Generative AI models are sparking excitement among business leaders, with the promise of automating tasks and potentially replacing millions of jobs. However, researchers at the Massachusetts Institute of Technology (MIT) caution that, while AI may provide plausible answers, it lacks an understanding of complex systems, remaining limited to predictive functions. In areas like logical reasoning, navigation, chemistry, and gaming, these limitations become particularly evident.

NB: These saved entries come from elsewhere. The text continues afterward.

-- ===== src/Socket/Receive.antt =====
-- IPv4UDPSocket::receive: the buffer that a packet is given, and the copy into it.
use launch_core.Prelude.{
  nonnull, ℕ, suc, ◌-◌, ◌≤◌, ◌<◌, ◌≡◌, ◌≢◌, inl, inr, ◌∙◌, refl, sym, ap, true, false, ◌||◌, Option,
  none, some, [], ◌∷◌, ◌++◌, arith, ◌==◌, length, length-append, take, blit, length-blit,
  slice-blit_self, length-slice, Bool-cases, Ret, success, sub_size,
}
use launch_core.Queue.Heap.{Ptr, null}
use launch_core.Queue.Chain.{Cells}
use launch_core.Pool.{alloc, free}
use launch_core.Pool.State.{IsPool, Yields-run, holds, Once, holds_snoc, Once-init}
use launch_core.Pool.Free.{free-IsPool, alloc-IsPool, alloc_none}
use launch_core.AllocQueue
use launch_core.AllocQueue.Contents.{Gives-run, Holds, capacity, peek_oldest, pop-Holds}
use launch_core.Packet
use launch_core.Packet.{Packet}
use launch_core.Packet.Invariant.{IsValid}
use launch_core.Packet.Stream.{unread, IsReadable}
use launch_core.Udp.{Info}
use launch_core.Socket.{Stored, Socket, mtu, drop_oldest, take_buffer, fill, put, source_octets}
use launch_core.Socket.Inbox.{IsSocket, inbox, holds-left, self_or}

-- A buffer `d` has been taken for a packet, beside those of `cs`.
pub record IsTaken (s : Socket) (n : ℕ) (cs : Cells Ptr) (d : Ptr) : Type 0 where
  pub queued : Holds s.rx cs
  pub pooled : IsPool s.nodes s.pool (λ a. (a == d) || holds a cs) (suc (length cs))
  pub once : Once cs
  pub fresh : holds d cs ≡ false
  pub there : d ≢ null
  pub room : length cs < n
  pub queue_size : capacity s.rx ≡ n
  pub pool_size : length s.pool.descs ≡ n

-- What the calls before the copy leave alone.
abbrev pub Same : Socket → Socket → Type 0
Same s s' = (s'.packets ≡ s.packets) × (s'.waiting ≡ s.waiting)

abbrev pub Buffers : Option (Ptr × Socket) → (Ptr → Socket → Type 0) → Type 0
Buffers none P = ⊥
Buffers (some (d, s)) P = P d s

pub Buffers-run :
    (o : Option (Ptr × Socket)) (P : Ptr → Socket → Type 0)
    → Buffers o P
    → (d : Ptr) × (s : Socket) × (o ≡ some (d, s)) × P d s
Buffers-run none P b = absurd b
Buffers-run (some (d, s)) P b = (d, s, refl, b)

-- With a buffer free, that is taken.
pub take_free :
    {s : Socket} {n : ℕ} {cs : Cells Ptr}
    → IsSocket s n cs
    → length cs < n
    → Buffers (take_buffer s) (λ d s'. IsTaken s' n cs d × Same s s')
unfolding take_buffer
take_free {s} {n} {cs} i room =
    let ((d, pool), nodes, run, (ne, le, fresh, pooled, len)) =
      Yields-run (alloc s.pool s.nodes) _
        (alloc-IsPool i.pooled (omega (arith, room, i.pool_size))) in
    rw (run, nonnull d ne)
      (
        record {
          queued = i.queued;
          pooled = pooled;
          once = i.once;
          fresh = fresh;
          there = ne;
          room = room;
          queue_size = i.queue_size;
          pool_size = len ∙ i.pool_size;
        },
        (refl, refl),
      )

-- With none free, the oldest packet is dropped and a buffer is taken.
pub take_oldest :
    {s : Socket} {n : ℕ} (cs : Cells Ptr) (p e : Ptr)
    → IsSocket s n (cs ++ ((p, e) ∷ []))
    → length (cs ++ ((p, e) ∷ [])) ≡ n
    → Buffers (take_buffer s) (λ d s'. IsTaken s' n cs d × Same s s')
unfolding take_buffer drop_oldest
take_oldest {s} {n} cs p e i full =
    let old : Cells Ptr = cs ++ ((p, e) ∷ []) in
    let none_left = alloc_none i.pooled (full ∙ sym i.pool_size) in
    let (peeked, _) = peek_oldest cs p e i.queued in
    let (_, rx, run, (rx_holds, cap, still)) =
      Gives-run (AllocQueue.pop s.rx) _ (pop-Holds cs p e i.queued) in
    let size = length-append cs ((p, e) ∷ []) in
    let ((ok, pool), nodes, run', (_, pooled, len)) = Yields-run (free s.pool e s.nodes) _ (
      free-IsPool i.pooled e (length cs) (λ a. holds a cs)
        (holds_snoc e cs p e ∙ self_or e (holds e cs)) (omega (arith, size))
        (λ a. holds-left cs p e a i.once)) in
    let ((d, pool'), nodes', run'', (ne, le, fresh, pooled', len')) =
      Yields-run (alloc pool nodes) _
        (alloc-IsPool pooled (omega (arith, size, full, len, i.pool_size))) in
    rw (none_left, peeked, run, still, run', run'')
      (
        record {
          queued = rx_holds;
          pooled = pooled';
          once = (Once-init cs p e i.once).0;
          fresh = fresh;
          there = ne;
          room = omega (arith, size, full);
          queue_size = cap ∙ i.queue_size;
          pool_size = len' ∙ len ∙ i.pool_size;
        },
        (refl, refl),
      )

-- Reading all that is there succeeds.
read_all :
    (p : Packet)
    → IsValid p
    → IsReadable p
    → (Packet.available p ≡ p.wpos - p.rpos)
      × (Packet.read p (Packet.available p) ≡ (success, record p { rpos = p.wpos }, unread p))
unfolding Packet.read Packet.available
read_all p v le =
    let size : sub_size p.wpos p.rpos ≡ p.wpos - p.rpos = omega (arith, v.fits, v.small) in
    (size, rw size (ground (arith, v.fits, v.small)))

inbox-put :
    (s : Socket) (d : Ptr) (v : Stored) (cs : Cells Ptr)
    → holds d cs ≡ false
    → inbox (record s { packets = put s.packets d v }) cs ≡ inbox s cs
inbox-put s d v [] out = refl
inbox-put s d v ((q, e) ∷ cs) out =
    let other : (e == d) ≡ false = ground arith in
    rw other (ap (λ l. s.packets e ∷ l) (inbox-put s d v cs (ground arith)))

-- The state after the copy.
abbrev pub Filled : Socket → ℕ → Cells Ptr → Packet → Info → Ret × Packet → Socket → Type 0
Filled s n cs p info (r, p') s' =
    (r ≡ success)
    × (p' ≡ record p { rpos = p.wpos })
    × (s'.waiting ≡ s.waiting)
    × ((q : Ptr) × (d : Ptr) × IsSocket s' n ((q, d) ∷ cs)
        × (inbox s' cs ≡ inbox s cs)
        × (let v = s'.packets d in
            (v.len ≡ length (unread p))
            × (take v.len v.buff ≡ unread p)
            × (v.ip ≡ source_octets info.src_addr)
            × (v.port ≡ info.src_port)))

abbrev pub Copies : Option ((Ret × Packet) × Socket) → (Ret × Packet → Socket → Type 0) → Type 0
Copies none P = ⊥
Copies (some (r, s)) P = P r s

pub Copies-run :
    (o : Option ((Ret × Packet) × Socket)) (P : Ret × Packet → Socket → Type 0)
    → Copies o P
    → (r : Ret × Packet) × (s : Socket) × (o ≡ some (r, s)) × P r s
Copies-run none P b = absurd b
Copies-run (some (r, s)) P b = (r, s, refl, b)

-- The taken buffer is put on the queue and filled.
pub fill-Filled :
    {s : Socket} {n : ℕ} (cs : Cells Ptr) (d q : Ptr) (rx : AllocQueue.AllocQueue Ptr) (p : Packet)
    (info : Info)
    → IsTaken s n cs d
    → Holds rx ((q, d) ∷ cs)
    → capacity rx ≡ n
    → ((a : Ptr) → length (s.packets a).buff ≡ mtu)
    → IsValid p
    → IsReadable p
    → Packet.available p ≤ mtu
    → Copies (fill d p info (record s { rx = rx })) (λ r s'. Filled s n cs p info r s')
unfolding fill
fill-Filled {s} {n} cs d q rx p info k h cap bufs v le small =
    let (size, all) = read_all p v le in
    let bytes = unread p in
    let count : length bytes ≡ Packet.available p =
      length-slice p.buf p.rpos (p.wpos - p.rpos) (omega (arith, v.storage, v.fits, le))
      ∙ sym size in
    let new : Stored = record {
      buff = blit (s.packets d).buff 0 bytes;
      len = Packet.available p;
      ip = source_octets info.src_addr;
      port = info.src_port;
    } in
    let self : (d == d) ≡ true = ground arith in
    rw (all, nonnull d k.there)
      (
        refl,
        refl,
        refl,
        (
          q,
          d,
          record {
            queued = h;
            pooled = k.pooled;
            once = (k.fresh, k.once);
            queue_size = cap;
            pool_size = k.pool_size;
            buffers = λ a. elim (Bool-cases (a == d)) [
              | inl o ↦ rw o (length-blit (s.packets d).buff 0 bytes ∙ bufs d)
              | inr o ↦ rw o (bufs a)
            ];
          },
          inbox-put s d new cs k.fresh,
          rw self (
            sym count,
            ap (λ m. take m (blit (s.packets d).buff 0 bytes)) (sym count)
                ∙ slice-blit_self (s.packets d).buff 0 bytes (omega (arith, count, small, bufs d)),
            refl,
            refl,
          ),
        ),
      )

Testing AI’s “Understanding” Abilities
Large language models (LLMs) such as GPT-4 often give the impression of producing thoughtful responses to intricate queries. Yet, these models are primarily predicting the most probable next words based on context, rather than genuinely understanding the information. To determine whether AI can truly grasp real-world contexts, MIT scientists have developed metrics designed to test AI models’ “intelligence” objectively.
In one test, researchers evaluated AI’s capability to generate step-by-step directions for navigating the streets of New York City. Although generative AI models demonstrate some level of “implicit” learning of real-world rules, this is not the same as having a true understanding of these rules. To enhance the precision of their analysis, the MIT team developed formalized methods to assess how accurately AI perceives and interprets real-world scenarios. We’ll keep you updated on further developments.
Findings on AI’s Limitations
The MIT study focused on transformers, a category of generative AI models used in popular applications like GPT-4. Transformers are trained on vast amounts of textual data, allowing them to accurately predict word sequences and create coherent, plausible responses.
To delve deeper into AI capabilities, the researchers applied a class of tasks called deterministic finite automata (DFA), covering fields such as logic, navigation, chemistry, and gaming strategies. They chose two distinct tasks—guiding a car through New York and playing the game Othello—to test AI’s ability to reconstruct the internal logic of complex systems. As noted by Harvard University postdoc Keyon Vafa, “We needed testbeds where we knew exactly what the model of the world looked like. Now we can think rigorously about what it means to reconstruct that model of the world.”
The study showed that transformers could generate correct routes and moves in Othello when task conditions were straightforward. However, when complexities like New York’s detours were introduced, AI models produced illogical route suggestions, proposing nonexistent overpasses and inaccurate directions, notes NIXsolutions.
MIT’s research underscores fundamental limitations of generative AI models, especially in tasks that require adaptive, flexible thinking. While these models impress with their capacity to generate plausible responses, they remain tools of prediction rather than fully intelligent systems.